Namun, peluang yang tercipta tetap tidak dapat dimaksimalkan menjadi gol kemenangan.
Hal ini menunjukkan bahwa problem utama Indonesia ada pada penyelesaian akhir yang masih kurang tajam.
Bola Mati Juga Tidak Efektif
Indonesia sebetulnya mendapat banyak kesempatan melalui situasi bola mati seperti sepak pojok dan lemparan ke dalam.
Tercatat ada sembilan tendangan sudut yang dihasilkan sepanjang pertandingan.
Jika ditambah dengan lemparan jauh Robi Darwis, jumlah peluang seharusnya cukup untuk menghasilkan gol.
Sayangnya, eksekusi bola mati Indonesia tidak berjalan sesuai harapan.
Keunggulan postur tubuh beberapa pemain tidak bisa dimanfaatkan untuk memecah kebuntuan.
Gaya Permainan Laos Bikin Kesulitan
Laos tampil dengan formasi 5-4-1 yang sangat defensif untuk meredam dominasi Indonesia.
Mereka sesekali mencoba serangan balik cepat, meskipun lebih banyak bertahan rapat di lini belakang.
Pendekatan taktik ini membuat banyak penggemar Indonesia teringat pada gaya permainan Shin Tae-yong.

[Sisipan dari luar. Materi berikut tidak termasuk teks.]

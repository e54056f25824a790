-- ===== src/Events/Capacity.antt =====
-- The attendance counter of src/modules/events/events.service.ts: what the events and RSVP tables keep
-- to over `rsvp` and `cancelRsvp`.
use ecotrack_api.Common.{
  All, Bool, Bool-cases, List, Option, Option-cases, UniqueBy, [], any, ap, arith, count_where,
  delete_where, false, find, inl, inr, leb, none, some, true, update_where, ℕ, ◌++◌, ◌∷◌, ◌≡◌, ◌≤◌,
  ◌⊎◌,
}
use ecotrack_api.Db.{>>=-eq-ok, Db, EventRow, EventRsvpRow, IncidentRow, ok, pure, query, ◌>>=◌}
use ecotrack_api.Events.{
  EventFull, attendees, event_by_id, event_entry, find_event, find_incidents, is_event, is_rsvp,
  linked, rsvp_for,
}
use ecotrack_api.Events.Attendance.{
  cancel_rsvp, count_down, count_up, is_full, is_scoped_event, join_event, leave_event, rsvp,
}
use ecotrack_api.Incidents.{find_incident, incident_by_id}
use ecotrack_api.Platform.Audit.{append_log}

-- `rsvpCount <= maxAttendees`, where there is a limit.
abbrev pub fits : Option ℕ → ℕ → Bool
fits none count = true
fits (some capacity) count = leb count capacity

-- The counter is the number of RSVP rows, within the capacity, and nobody has two rows.
pub record AttendanceOk (db : Db) : Type 0 where
  pub unique : UniqueBy (λ (e : EventRow). e.id) db.events
  pub counted :
      All (λ (e : EventRow). e.rsvp_count ≡ count_where (rsvp_for e.id) db.event_rsvps) db.events
  pub capped : All (λ (e : EventRow). fits e.max_attendees e.rsvp_count ≡ true) db.events
  pub once : (event_id user_id : ℕ) → count_where (is_rsvp event_id user_id) db.event_rsvps ≤ 1

find_incidents_state :
    (ids : List ℕ) (db db' : Db) (r : List IncidentRow)
    → find_incidents ids db ≡ ok (r, db')
    → db' ≡ db
unfolding find_incidents
find_incidents_state [] db db' r h = ground arith
find_incidents_state (id ∷ ids) db db' r h =
    let (i, e, k) = >>=-eq-ok (find_incident id) _ db h in
    let (rest, e', k') = >>=-eq-ok (find_incidents ids) _ i.1 k in
    let same : i.1 ≡ db = elim (Option-cases (incident_by_id id db)) [
      | inl none' ↦ absurd (ground arith)
      | inr (_, some') ↦ ground arith
    ] in
    let same' : rest.1 ≡ i.1 = find_incidents_state ids i.1 rest.1 rest.0 e' in ground arith

pub find_event_state :
    (id : ℕ) (db db' : Db) (r : EventFull) → find_event id db ≡ ok (r, db') → db' ≡ db
unfolding find_event
find_event_state id db db' r h = elim (Option-cases (event_by_id id db)) [
  | inl none' ↦ absurd (ground arith)
  | inr (e, some') ↦
      let k : (find_incidents (linked id db.event_incidents) >>= λ incidents.
      query (attendees id) >>= λ rsvps.
      pure (record { event = e; incidents = incidents; rsvps = rsvps }))
            db
          ≡ ok (r, db') =
        ground arith in
      let (s, f, g) = >>=-eq-ok (find_incidents (linked id db.event_incidents)) _ db k in
      let same : s.1 ≡ db = find_incidents_state _ db s.1 s.0 f in ground arith
]

pub find_event_found :
    (id : ℕ) (db db' : Db) (r : EventFull)
    → find_event id db ≡ ok (r, db')
    → event_by_id id db ≡ some r.event
unfolding find_event
find_event_found id db db' r h = elim (Option-cases (event_by_id id db)) [
  | inl none' ↦ absurd (ground arith)
  | inr (e, some') ↦
      let k : (find_incidents (linked id db.event_incidents) >>= λ incidents.
      query (attendees id) >>= λ rsvps.
      pure (record { event = e; incidents = incidents; rsvps = rsvps }))
            db
          ≡ ok (r, db') =
        ground arith in
      let (s, f, g) = >>=-eq-ok (find_incidents (linked id db.event_incidents)) _ db k in
      ground arith
]

abbrev pub rsvp_row : ℕ → ℕ → ℕ → ℕ → EventRsvpRow
rsvp_row now organisation_id event_id user_id = record {
  organisation_id = organisation_id;
  event_id = event_id;
  user_id = user_id;
  rsvped_at = now;
}

-- The state after the writes of `rsvp`, and after those of `cancelRsvp`.
abbrev joined_state : ℕ → EventRow → ℕ → Db → Db
joined_state organisation_id e user_id db =
    append_log (event_entry organisation_id user_id "event.rsvp" e.id none) (record db {
      event_rsvps = db.event_rsvps ++ rsvp_row db.clock organisation_id e.id user_id ∷ [];
      events = update_where (is_event e.id) (count_up db.clock) db.events;
    })

abbrev left_state : ℕ → ℕ → ℕ → Db → Db
left_state organisation_id event_id user_id db =
    append_log (event_entry organisation_id user_id "event.rsvp_cancelled" event_id none)
      (record db {
        event_rsvps = delete_where (is_rsvp event_id user_id) db.event_rsvps;
        events = update_where (is_event event_id) (count_down db.clock) db.events;
      })

-- What a successful `rsvp` does to the two tables: nothing for a volunteer who is going already.
pub rsvp_effect :
    (organisation_id event_id user_id : ℕ) (db db' : Db) (r : EventFull)
    → rsvp organisation_id event_id user_id db ≡ ok (r, db')
    → (e : EventRow) × (find (is_scoped_event organisation_id event_id) db.events ≡ some e)
      × (((any (is_rsvp event_id user_id) db.event_rsvps ≡ true) × (db' ≡ db))
          ⊎ ((any (is_rsvp event_id user_id) db.event_rsvps ≡ false)
              × (is_full e.max_attendees e.rsvp_count ≡ false)
              × (db'.event_rsvps
                  ≡ db.event_rsvps ++ rsvp_row db.clock organisation_id e.id user_id ∷ [])
              × (db'.events ≡ update_where (is_event e.id) (count_up db.clock) db.events)))
unfolding rsvp join_event
rsvp_effect organisation_id event_id user_id db db' r h =
    elim (Option-cases (find (is_scoped_event organisation_id event_id) db.events)) [
      | inl none' ↦ absurd (ground arith)
      | inr (e, some') ↦ elim (Bool-cases (any (is_rsvp event_id user_id) db.event_rsvps)) [
        | inl going ↦
            let k : find_event event_id db ≡ ok (r, db') = ground arith in
            (e, some', inl (going, find_event_state event_id db db' r k))
        | inr new ↦ elim (Bool-cases (is_full e.max_attendees e.rsvp_count)) [
          | inl full ↦ absurd (ground arith)
          | inr room ↦
              let k : find_event event_id (joined_state organisation_id e user_id db)
                  ≡ ok (r, db') =
                ground arith in
              let same = find_event_state event_id _ db' r k in
              (
                e,
                some',
                inr (
                  new,
                  room,
                  ap (λ (d : Db). d.event_rsvps) same,
                  ap (λ (d : Db). d.events) same,
                ),
              )
        ]
      ]
    ]

-- What a successful `cancelRsvp` does: nothing for a volunteer who is not going.
pub cancel_rsvp_effect :
    (organisation_id event_id user_id : ℕ) (db db' : Db) (r : EventFull)
    → cancel_rsvp organisation_id event_id user_id db ≡ ok (r, db')
    → (e : EventRow) × (find (is_scoped_event organisation_id event_id) db.events ≡ some e)
      × (db'.event_rsvps ≡ delete_where (is_rsvp event_id user_id) db.event_rsvps)
      × (((any (is_rsvp event_id user_id) db.event_rsvps ≡ false) × (db'.events ≡ db.events))
          ⊎ ((any (is_rsvp event_id user_id) db.event_rsvps ≡ true)
              × (db'.events ≡ update_where (is_event event_id) (count_down db.clock) db.events)))
unfolding cancel_rsvp leave_event
cancel_rsvp_effect organisation_id event_id user_id db db' r h =
    elim (Option-cases (find (is_scoped_event organisation_id event_id) db.events)) [
      | inl none' ↦ absurd (ground arith)
      | inr (e, some') ↦ elim (Bool-cases (any (is_rsvp event_id user_id) db.event_rsvps)) [
        | inl going ↦
            let k : find_event event_id (left_state organisation_id event_id user_id db)
                ≡ ok (r, db') =
              ground arith in
            let same = find_event_state event_id _ db' r k in
            (
              e,
              some',
              ap (λ (d : Db). d.event_rsvps) same,
              inr (going, ap (λ (d : Db). d.events) same),
            )
        | inr absent ↦
            let k : find_event event_id (record db {
              event_rsvps = delete_where (is_rsvp event_id user_id) db.event_rsvps;
            })
                ≡ ok (r, db') =
              ground arith in
            let same = find_event_state event_id _ db' r k in
            (
              e,
              some',
              ap (λ (d : Db). d.event_rsvps) same,
              inl (absent, ap (λ (d : Db). d.events) same),
            )
      ]
    ]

Selain sama-sama berasal dari Korea Selatan, pola strategi Ha Hyeok-jun memang mirip dengan pelatih Timnas senior itu.
Laos pun menunjukkan daya juang tinggi dengan terus berlari hingga menit akhir pertandingan.
Situasi Grup J Jadi Rumit
Sementara itu, di pertandingan lain Grup J, Korea Selatan menang telak 5-0 atas Makau.
Kemenangan itu membuat Taeguk Warriors langsung memimpin klasemen sementara grup.
Indonesia kini hanya bisa duduk di posisi dua dengan satu poin dari satu laga.
Jika gagal mengalahkan Makau di pertandingan berikutnya, peluang Indonesia lolos sebagai juara grup akan tertutup.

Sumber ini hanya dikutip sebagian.